Reputation:
I have a dataframe, titled gen
, which is a data frame made up of A's, C's, G's, T's, and 0's. I would like to replace the A with a 1, the C with a 2, the G with a 3, and the T with a 4. When I try using the code gen1[gen1 == "A"] = 1
, I get the error message:
Warning messages:
1: In `[<-.factor`(`*tmp*`, thisvar, value = "1") :
invalid factor level, NAs generated
The resulting data frame has all of the A's replaced, but there are NA's instead of 1's.

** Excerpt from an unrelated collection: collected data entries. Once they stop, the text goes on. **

-- ===== src/StoreForward/Archived.antt =====
-- What logger/firmware/src/RejectedUploads.cpp leaves in the files.
use devices.Prelude.{
  ℕ, zero, suc, ◌+◌, ◌≤◌, ◌<◌, ◌≡◌, ◌≢◌, refl, sym, ◌∙◌, Bool, true, false, Option, some, none,
  List, ◌++◌, arith, length, Bool-cases, inl, inr, ℤ,
}
use devices.StoreForward.Fs.{Fs, FilePath, IsFs, rejected_path, rejected_temporary_path}
use devices.StoreForward.Types.{Queue}
use devices.StoreForward.Archive.{
  rejected_header_of, encode_rejected_header, read_path, rejected_slot_present, read_rejected,
  is_saved, first_free, find_slot, write_rejected,
}

header_length :
    (payload : List ℕ) (status : ℤ)
    → length (encode_rejected_header (rejected_header_of payload status)) ≡ 16
unfolding encode_rejected_header
header_length payload status = refl

module _ {W R : Type 0} (fs : Fs W R) {whole rest : R → List ℕ} {content : FilePath → W → List ℕ}
    (is_fs : IsFs fs whole rest content) where
  -- Two worlds with the same files.
  pub record SameFiles (w w' : W) : Type 0 where
    pub content_same : (p : FilePath) → content p w' ≡ content p w
    pub exists_same : (p : FilePath) → fs.exists p w' ≡ fs.exists p w

  pub read_path-SameFiles : (p : FilePath) (w : W) → SameFiles w (read_path fs p w).1
  unfolding read_path
  read_path-SameFiles p w = record {
    content_same = λ f. ground (arith, is_fs.open_read_keeps p f w);
    exists_same = λ f. ground (arith, is_fs.open_read_exists p f w);
  }

  read_rejected-SameFiles :
      (slot : ℕ) (q : Queue) (w : W) → SameFiles w (read_rejected fs slot q w).1
  unfolding read_rejected
  read_rejected-SameFiles slot q w =
      let v = read_path-SameFiles (rejected_path slot) w in
      record {
        content_same = λ f. ground (arith, v.content_same f);
        exists_same = λ f. ground (arith, v.exists_same f);
      }

  -- The outcome of the search: a slot that already holds the payload, or the first free one.
  pub record Searched (payload : List ℕ) (q : Queue) (found : Bool) (free : Option ℕ) (w w' : W)
      : Type 0 where
    pub same : SameFiles w w'
    pub found_saved :
        found ≡ true
        → (slot : ℕ) × (v : W) × (SameFiles w v)
          × (is_saved payload (read_rejected fs slot q v).0 ≡ true)
          × (slot < 16)
    pub free_absent :
        (slot : ℕ) → free ≡ some slot → (slot < 16) × (fs.exists (rejected_path slot) w ≡ false)

  pub SameFiles-refl : (w : W) → SameFiles w w
  SameFiles-refl w = record { content_same = λ p. refl; exists_same = λ p. refl }

  pub SameFiles-trans : {u v w : W} → SameFiles u v → SameFiles v w → SameFiles u w
  SameFiles-trans a b = record {
    content_same = λ p. b.content_same p ∙ a.content_same p;
    exists_same = λ p. b.exists_same p ∙ a.exists_same p;
  }

  Searched-after :
      {payload : List ℕ} {q : Queue} {found : Bool} {free : Option ℕ} {u v w : W}
      → SameFiles u v
      → Searched payload q found free v w
      → Searched payload q found free u w
  Searched-after a s = record {
    same = SameFiles-trans a s.same;
    found_saved = λ h.
        let (slot, v, b, saved, le) = s.found_saved h in (slot, v, SameFiles-trans a b, saved, le);
    free_absent = λ slot e.
        let (le, absent) = s.free_absent slot e in
        (le, sym (a.exists_same (rejected_path slot)) ∙ absent);
  }

  first_free_absent :
      (q : Queue) (free : Option ℕ) (slot : ℕ) (w : W)
      → q.ready ≡ true
      → slot < 16
      → rejected_slot_present fs slot q w ≡ false
      → ((k : ℕ) → free ≡ some k → (k < 16) × (fs.exists (rejected_path k) w ≡ false))
      → (k : ℕ) → first_free free slot ≡ some k
      → (k < 16) × (fs.exists (rejected_path k) w ≡ false)
  first_free_absent q none slot w ready lt absent known k e = ground arith
  first_free_absent q (some f) slot w ready lt absent known k e = known k e

  pub find_slot-Searched :
      (payload : List ℕ) (q : Queue) (n slot : ℕ) (free : Option ℕ) (w : W)
      → q.ready ≡ true
      → slot + n ≤ 16
      → ((k : ℕ) → free ≡ some k → (k < 16) × (fs.exists (rejected_path k) w ≡ false))
      → let (found, free', w') = find_slot fs payload q n slot free w in
        Searched payload q found free' w w'
  unfolding find_slot
  find_slot-Searched payload q zero slot free w ready le known = record {
    same = SameFiles-refl w;
    found_saved = λ h. absurd (cc);
    free_absent = known;
  }
  find_slot-Searched payload q (suc n) slot free w ready le known =
      let w₁ = (read_rejected fs slot q w).1 in
      let same = read_rejected-SameFiles slot q w in
      elim (Bool-cases (rejected_slot_present fs slot q w)) [
        | inr absent ↦
            rw (absent, find_slot)
              (find_slot-Searched payload q n (slot + 1) (first_free free slot) w ready
                (omega arith) (first_free_absent q free slot w ready (omega arith) absent known))
        | inl present ↦ elim (Bool-cases (is_saved payload (read_rejected fs slot q w).0)) [
          | inl saved ↦
              rw (present, saved, find_slot)
                (record {
                  same = same;
                  found_saved = λ h. (slot, w, SameFiles-refl w, saved, omega arith);
                  free_absent = known;
                })
          | inr unsaved ↦
              rw (present, unsaved, find_slot)
                (Searched-after same (
                  find_slot-Searched payload q n (slot + 1) free w₁ ready (omega arith) (λ k e.
                    let (lt, none_there) = known k e in
                    (lt, same.exists_same (rejected_path k) ∙ none_there))))
        ]
      ]

  -- The temporary file holds the header and the payload; no other file is touched.
  pub write_rejected-content :
      (payload : List ℕ) (status : ℤ) (w : W)
      → (write_rejected fs payload status w).0 ≡ true
      → content rejected_temporary_path (write_rejected fs payload status w).1
        ≡ encode_rejected_header (rejected_header_of payload status) ++ payload
  unfolding write_rejected
  write_rejected-content payload status w done =
      let p = rejected_temporary_path in
      let header = encode_rejected_header (rejected_header_of payload status) in
      let w₁ = (fs.open_write p w).1 in
      let w₂ = (fs.write p header w₁).1 in
      let w₃ = (fs.write p payload w₂).1 in
      ground (
        arith,
        is_fs.open_write_truncates p w,
        is_fs.write_appends p header w₁,
        is_fs.write_appends p payload w₂,
        is_fs.flush_keeps p p w₃,
        is_fs.close_keeps p p (fs.flush p w₃),
        header_length payload status,
      )

  pub write_rejected-other :
      (payload : List ℕ) (status : ℤ) (p : FilePath) (w : W)
      → rejected_temporary_path ≢ p
      → content p (write_rejected fs payload status w).1 ≡ content p w
  unfolding write_rejected
  write_rejected-other payload status p w ne =
      let t = rejected_temporary_path in
      let header = encode_rejected_header (rejected_header_of payload status) in
      let w₁ = (fs.open_write t w).1 in
      let w₂ = (fs.write t header w₁).1 in
      let w₃ = (fs.write t payload w₂).1 in
      let closed = λ (v : W). is_fs.close_keeps t p (fs.flush t v) ∙ is_fs.flush_keeps t p v in
      ground (
        arith,
        is_fs.open_write_other t p w ne,
        is_fs.write_other t p header w₁ ne,
        is_fs.write_other t p payload w₂ ne,
        closed w₁,
        closed w₂,
        closed w₃,
      )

Does anyone know how to do this correctly?
Thanks
Upvotes: 1
Views: 2175
Reputation: 1892
You can do this by setting argument stringAsFactors = False
while making the Data Frame. By default it is true.
Example Code:
d <- data.frame(a=c('A','C','G','T','0'),b=c('C','A','G','A','0'), stringsAsFactors = FALSE)
> d
a b
1 A C
2 C A
3 G G
4 T A
5 0 0
> d[d=='A']<- '1'
> d
a b
1 1 C
2 C 1
3 G G
4 T 1
5 0 0
Upvotes: 0
Reputation: 121568
You can use coerce your column factors to integer using as.integer
:
Using sapply
:
sapply(gen1,as.integer)
and colwise
from plyr
:
library(plyr)
colwise(as.integer)(gen1)
For example, I generate first a data.frame of A,B,C and D:
set.seed(1)
gen1 <- as.data.frame(matrix(sample(LETTERS[1:4], 4 * 5, rep = TRUE), ncol = 4))
## V1 V2 V3 V4
## 1 B D A B
## 2 B D A C
## 3 C C C D
## 4 D C B B
## 5 A A D D
library(plyr)
colwise(as.integer)(gen1)
## V1 V2 V3 V4
## 1 2 3 1 1
## 2 2 3 1 2
## 3 3 2 3 3
## 4 4 2 2 1
## 5 1 1 4 3
sapply(gen1, as.integer)
## V1 V2 V3 V4
## [1,] 2 3 1 1
## [2,] 2 3 1 2
## [3,] 3 2 3 3
## [4,] 4 2 2 1
## [5,] 1 1 4 3
The warning messages is explicit , invalid factor level, NAs generated
.
You get the error because you try to modify a factor value with a value that don't belong to levels set, So it will replaced by NA. I will reproduce the error :
h <- data.frame(xx = factor(c("A","B")) )
h[h == "A"] <- "C" ## C don't belong to levels of xx
Warning message:
In `[<-.factor`(`*tmp*`, thisvar, value = "C") :
invalid factor level, NA generated
Upvotes: 1